Running only the FastAPI server

If you want to integrate LightDiffusion-Next into automation pipelines or Discord bots, run the backend without launching a UI.

  1. Follow any of the setup methods above.
  2. Run:

    bash uvicorn server:app --host 0.0.0.0 --port 7861

  3. Use the REST API reference to submit generation jobs via POST /api/generate and inspect queue health via GET /api/telemetry.

Model assets

LightDiffusion-Next does not bundle model weights. Place your assets into the include/ tree before you start generating.

  • include/checkpoints/ — SD1.5 style .safetensors checkpoints (e.g. Meina V10, DreamShaper). The default pipeline expects a file named Meina V10 - baked VAE.safetensors unless you override it.
  • include/vae/ae.safetensors — Flux VAE (download from black-forest-labs/FLUX.1-schnell). Required for Flux mode.
  • include/loras/ — LoRA adapters loaded from the UI or CLI.
  • include/embeddings/ — Negative prompt embeddings such as EasyNegative, badhandv4.
  • include/yolos/ — YOLO detectors used by ADetailer (person_yolov8m-seg.pt, face_yolov9c.pt).
  • include/ESRGAN/ — RealESRGAN models leveraged by UltimateSDUpscale in Img2Img workflows.
  • include/sd1_tokenizer/ — Tokenizer files for SD1.x. The repository already includes the defaults.

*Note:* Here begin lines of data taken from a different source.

-- ===== src/Tests/Edges.antt =====
-- edge/edge.service.ts on the sample board.
use aideep_backend.Infra.Failure.{SameData}
use aideep_backend.Common.{String, ◌≡◌, refl, [], ◌∷◌, true, some, none, ◌↔◌}
use aideep_backend.Infra.Action.{throw, ◌>>=◌, returned, thrown}
use aideep_backend.Infra.Exception.{type_error, bad_request, rejected}
use aideep_backend.Infra.Transactions.{
  tables_behind, transactional, on_module_init, transactional-nested,
}
use aideep_backend.Infra.World.{World, run_in_transaction, redis_del, broadcast}
use aideep_backend.Edge.Cycle.{has_cycle, fill, push, next_of, search_from}
use aideep_backend.Edge.Repository.{
  HasIds, Edge, find_edge, find_all_edges_in_workspace, create_edge, delete_edges_by_node_id,
}
use aideep_backend.Edge.Service.{
  connect_nodes, check_connection, make_connection, check_edit_permission as check_edge_permission,
}
use aideep_backend.Edge.Service.Acyclic.{EdgesAcyclic, connect_nodes-EdgesAcyclic}
use aideep_backend.Edge.Service.Atomic.{Untouched, connect_nodes-thrown, delete_node-thrown}
use aideep_backend.Edge.Service.Connects.{Connects}
use aideep_backend.Infra.Rows.{data_node, editor}
use aideep_backend.Edge.Service.Disconnects.{Disconnects}
use aideep_backend.Edge.Walk.{link, Walk}
use aideep_backend.Edge.Cycle.Decides.{has_cycle_decides}
use aideep_backend.Node.Service.{
  delete_node, delete_node_body, check_edit_permission, propagate_depth, deepen_descendants,
}
use aideep_backend.Node.Deletion.{Deletes, delete_node-Deletes}
use aideep_backend.Node.Descendants.{descendants, live_links, union_all, join, distinct}
use aideep_backend.Node.Repository.{
  select_node_by_id, increas_depth, select_all_descendant_ids, increase_depth_many, delete_node_row,
}
use aideep_backend.Workspace.Repository.{check_workspace}
use aideep_backend.Samples.Tables.{sample}
use aideep_backend.Samples.Worlds.{board, member, node_at}
use aideep_backend.Tests.Graph.{board-AllAcyclic}

abbrev edge_dto : String → String → String → Edge
edge_dto user a b = record {
  workspace_id = "w";
  user_id = user;
  source_id = a;
  target_id = b;
  source_handle = "right";
  target_handle = "left";
}

-- the board, where the next Redis call fails
abbrev offline : World sample
offline = record board { outages = true ∷ [] }

a_to_b : (connect_nodes sample (edge_dto "eve" "b" "c") board).0 ≡ returned "00"
unfolding connect_nodes run_in_transaction check_connection check_edge_permission check_workspace
    select_node_by_id find_edge find_all_edges_in_workspace has_cycle fill push next_of search_from
    make_connection propagate_depth increas_depth select_all_descendant_ids deepen_descendants
    increase_depth_many create_edge redis_del broadcast descendants live_links union_all join
    distinct
a_to_b = refl

back :
    (connect_nodes sample (edge_dto "eve" "b" "a") board).0
    ≡ thrown (bad_request "역방향 엣지가 이미 존재합니다.")
unfolding connect_nodes run_in_transaction check_connection check_edge_permission check_workspace
    select_node_by_id find_edge find_all_edges_in_workspace
back = refl

known_ids : HasIds sample (edge_dto "eve" "b" "c")
known_ids = record { source_id = refl; target_id = refl; workspace_id = refl }

connect_nodes-EdgesAcyclic_example :
    EdgesAcyclic sample (connect_nodes sample (edge_dto "eve" "b" "c") board).1
connect_nodes-EdgesAcyclic_example =
    connect_nodes-EdgesAcyclic sample (edge_dto "eve" "b" "c") known_ids board board-AllAcyclic

connect_nodes-thrown_example :
    Untouched sample rejected (connect_nodes sample (edge_dto "eve" "b" "c") offline).1 offline
unfolding connect_nodes run_in_transaction check_connection check_edge_permission check_workspace
    select_node_by_id find_edge find_all_edges_in_workspace has_cycle fill push next_of search_from
    make_connection propagate_depth increas_depth select_all_descendant_ids deepen_descendants
    increase_depth_many create_edge redis_del broadcast descendants live_links union_all join
    distinct
connect_nodes-thrown_example =
    connect_nodes-thrown sample {e = rejected} (edge_dto "eve" "b" "c") offline refl refl

delete_node-thrown_example :
    Untouched sample rejected (delete_node sample "w" "eve" "a" offline).1 offline
unfolding delete_node run_in_transaction delete_node_body check_edit_permission check_workspace
    select_node_by_id delete_edges_by_node_id delete_node_row redis_del
delete_node-thrown_example =
    delete_node-thrown sample {e = rejected} "w" "eve" "a" offline refl refl

has_cycle_decides_example :
    (b : _) × (has_cycle "a" "b" (link "b" "c" ∷ link "c" "a" ∷ []) ≡ some b)
    × ((b ≡ true) ↔ ∥ Walk (link "b" "c" ∷ link "c" "a" ∷ []) "b" "a" ∥₁)
has_cycle_decides_example = has_cycle_decides "a" "b" (link "b" "c" ∷ link "c" "a" ∷ [])

delete_node-Deletes_example :
    Deletes sample "w" "eve" "a" board (delete_node sample "w" "eve" "a" board)
delete_node-Deletes_example =
    delete_node-Deletes sample "w" "eve" "a" board (member "eve" editor)
      (node_at "a" data_node 10 0) (record { member = refl; allowed = refl; found = refl }) refl
      refl

transactional-nested_example :
    let runner = on_module_init sample none in
    let r =
      transactional sample runner
        (λ (id : String).
          transactional sample runner (delete_node_body sample "w" "eve") id >>= λ _.
          throw type_error)
        "a"
        board in
    (r
      ≡ transactional sample runner
          (λ (id : String).
            delete_node_body sample "w" "eve" id >>= λ _. throw {A = String} type_error)
          "a"
          board)
    × SameData sample r.1 (tables_behind sample r.0 board r.1)
transactional-nested_example =
    transactional-nested sample none (delete_node_body sample "w" "eve") (λ _. throw type_error) "a"
      board refl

Store generated outputs under output/ (separated into Classic, Flux, Img2Img, HiresFix and ADetailer sub-folders). The folders are created automatically during the first run.

Optional accelerations

  • Stable-Fast — 70% faster SD1.5 inference through UNet compilation. Set INSTALL_STABLE_FAST=1 in Docker or pass --stable-fast in the CLI/UI to compile on demand. Compilation adds a one-time warm-up cost.
  • SageAttention — INT8 attention kernels with 15% speedup and lower VRAM use. Built automatically in Docker images; on bare metal, clone SageAttention and run pip install -e . --no-build-isolation inside your environment.
  • SpargeAttn — Sparse attention kernels with 40–60% speedup (compute 8.0–9.0 GPUs only). Build from SpargeAttn using TORCH_CUDA_ARCH_LIST="8.9" or similar.
  • Ollama prompt enhancer — Install Ollama and pull qwen3:0.6b. Set PROMPT_ENHANCER_MODEL=qwen3:0.6b before launching LightDiffusion-Next to enable the automatic prompt rewrite toggle.

Verify your installation

  1. Start the UI or FastAPI server.
  2. Watch the startup logs — the initialization progress bar runs the dependency download routine (CheckAndDownload) and loads the default checkpoint.
  3. Generate a 512×512 image with the default prompt. The status bar shows timing and the output appears in output/Classic.
  4. Confirm the telemetry endpoint is reachable:

    bash curl http://localhost:7861/health curl http://localhost:7861/api/telemetry

Updating or rebuilding

  • Pull the latest Git changes and rerun uv pip install -r requirements.txt in the virtual environment.
  • For Docker users, rebuild with docker-compose build --no-cache to pick up updates.
  • If you upgraded your GPU driver or CUDA toolkit, delete ~/.cache/torch_extensions to force SageAttention/SpargeAttn to recompile.

You are now ready to explore the UI guide and start generating.